Nathan said quickly: “Heriots can change, though. They’re not in the Domesday Book.”

Ralph said: “Are you two lawyers? If not, shut up. The heriot is two pounds and ten shillings. Any other money that changes hands is none of your business.”

Gwenda realized with horror that Ralph was on the point of reneging on their deal. She spoke in a low, accusing voice, slow but clear. “You made me a promise.”

“Why would I do something like that?” Ralph said.

It was the one question she could not answer. “Because I pleaded with you,” she replied feebly.

“And I said I would think again. But I made no promise.”

She was powerless to make him keep his word. She wanted to kill him. “Yes, you did!” she said.

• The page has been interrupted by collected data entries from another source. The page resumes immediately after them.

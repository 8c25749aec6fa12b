-- ===== src/Errors.antt =====
-- The exceptions that the event path raises and catches, and computations that may raise.
use cloud_portfolio.Prelude.{◌≡◌, refl, ap, ◌∙◌, ℕ, Bool, true, false, Text, codes}

-- `authorization_error` and `owner_conflict` are subclasses of `ValueError`, `sequence_gap` of
-- `RuntimeError`. `other_error` is any exception that no handler names, by its class; `http_exception`
-- is the one with which an endpoint of the API answers.
pub data Error : Type 0 where
  value_error : Text → Error
  authorization_error : Text → Error
  owner_conflict target_missing data_error sequence_gap : Error
  operational_error interface_error runtime_error integrity_error key_error : Error
  other_error : Text → Error
  http_exception : ℕ → Text → Error

pub data Result {ℓ} (A : Type ℓ) : Type ℓ where
  ok : A → Result A
  err : Error → Result A

-- `type(exc).__name__`
unfoldable pub class_name : Error → Text
class_name (value_error m) = codes "ValueError"
class_name (authorization_error m) = codes "IngressAuthorizationError"
class_name owner_conflict = codes "RequestStatusOwnerConflict"
class_name target_missing = codes "NotificationTargetMissing"
class_name data_error = codes "DataError"
class_name sequence_gap = codes "RoomSequenceGapError"
class_name operational_error = codes "OperationalError"
class_name interface_error = codes "InterfaceError"
class_name runtime_error = codes "RuntimeError"
class_name integrity_error = codes "IntegrityError"
class_name key_error = codes "KeyError"
class_name (other_error name) = name
class_name (http_exception status detail) = codes "HTTPException"

infixl 5 ◌>>=◌
-- The computation goes on with the value, unless an exception was raised.
abbrev pub ◌>>=◌ {κ ℓ} : {V : Type κ} {A : Type ℓ} → Result V → (V → Result A) → Result A
ok value >>= next = next value
err raised >>= next = err raised

-- `if b: raise ValueError(message)`
abbrev pub raise_if : Bool → Text → Result (Unit {0})
raise_if true message = err (value_error message)
raise_if false message = ok tt

infixl 5 ◌>>◌
abbrev pub ◌>>◌ {ℓ} : {A : Type ℓ} → Result (Unit {0}) → Result A → Result A
check >> next = check >>= λ _. next

-- What a computation that returns has gone through.
pub >>=-eq-ok {κ ℓ} :
    {V : Type κ} {A : Type ℓ} (first : Result V) (next : V → Result A) {a : A}
    → (first >>= next) ≡ ok a
    → (v : V) × (first ≡ ok v) × (next v ≡ ok a)
>>=-eq-ok (ok v) next h = (v, refl, h)
>>=-eq-ok (err raised) next h = cc

-- A computation of which the first part returns is its second part.
pub >>=-ok {κ ℓ} :
    {V : Type κ} {A : Type ℓ} (first : Result V) (next : V → Result A) {v : V} {r : Result A}
    → first ≡ ok v
    → next v ≡ r
    → (first >>= next) ≡ r
>>=-ok first next e k = ap (λ f. f >>= next) e ∙ k

pub raise_if-eq-ok :
    (b : Bool) (message : Text) (u : Unit {0}) → raise_if b message ≡ ok u → b ≡ false
raise_if-eq-ok true message u h = cc
raise_if-eq-ok false message u h = refl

“Lords don’t bargain with peasants.”

She stared at him, lost for words. It had all been for nothing: the long walk to Kingsbridge, the humiliation of appearing naked in front of him and Alan, the shameful act she had performed on Ralph’s bed. She had betrayed Wulfric, and he still would not inherit. She pointed a finger at Ralph and said bitterly: “God damn you to hell, Ralph Fitzgerald.”

He went pale. The curse of a genuinely wronged woman was known to be powerful. “Watch what you say,” he replied. “We have a punishment for a witch who casts spells.”

Gwenda drew back. No woman could take such a threat lightly. The accusation of witchcraft was easy to make and hard to refute. Still she could not resist saying: “Those who escape justice in this life will find it in the next.”

Ralph ignored that and turned to Perkin. “Where is the money?”

Perkin had not got rich by telling people where he kept his cash. “I’ll letch it right away, lord,” he said.

Wulfric said: “Come on, Gwenda. There’s no mercy for us here.”

Gwenda fought back tears. Anger had been replaced by grief. They had lost the battle, after all they had done. She turned away, head lowered to hide her emotions.

Perkin said: “Wait, Wulfric. You need employment – and I need help. Work for me. I’ll pay you a penny a day.”

Wulfric flushed with the shame of being offered a job as a labourer on lands his family had owned.

Perkin added: “Gwenda, too. You’re both young and willing.”

He did not intend to be malicious, Gwenda saw. He was single-minded in the pursuit of his own interests, and he was eager to hire two strong young labourers to help him farm his amalgamated holding. He did not care, or perhaps did not even know, that for Wulfric this was the final humiliation.

Perkin said: “That’s a shilling a week between you. You’ll have plenty.”

Wulfric looked bitter. “Work for a wage, on lands that my family has owned for decades?” he said. “Never.” He turned away and left the house.

Gwenda followed, thinking: What are we going to do now?

29

Westminster Hall was huge, bigger than the inside of some cathedrals. It was dauntingly long and wide, and its distant ceiling was supported by a double row of tall pillars. It was the most important room in the Palace of Westminster.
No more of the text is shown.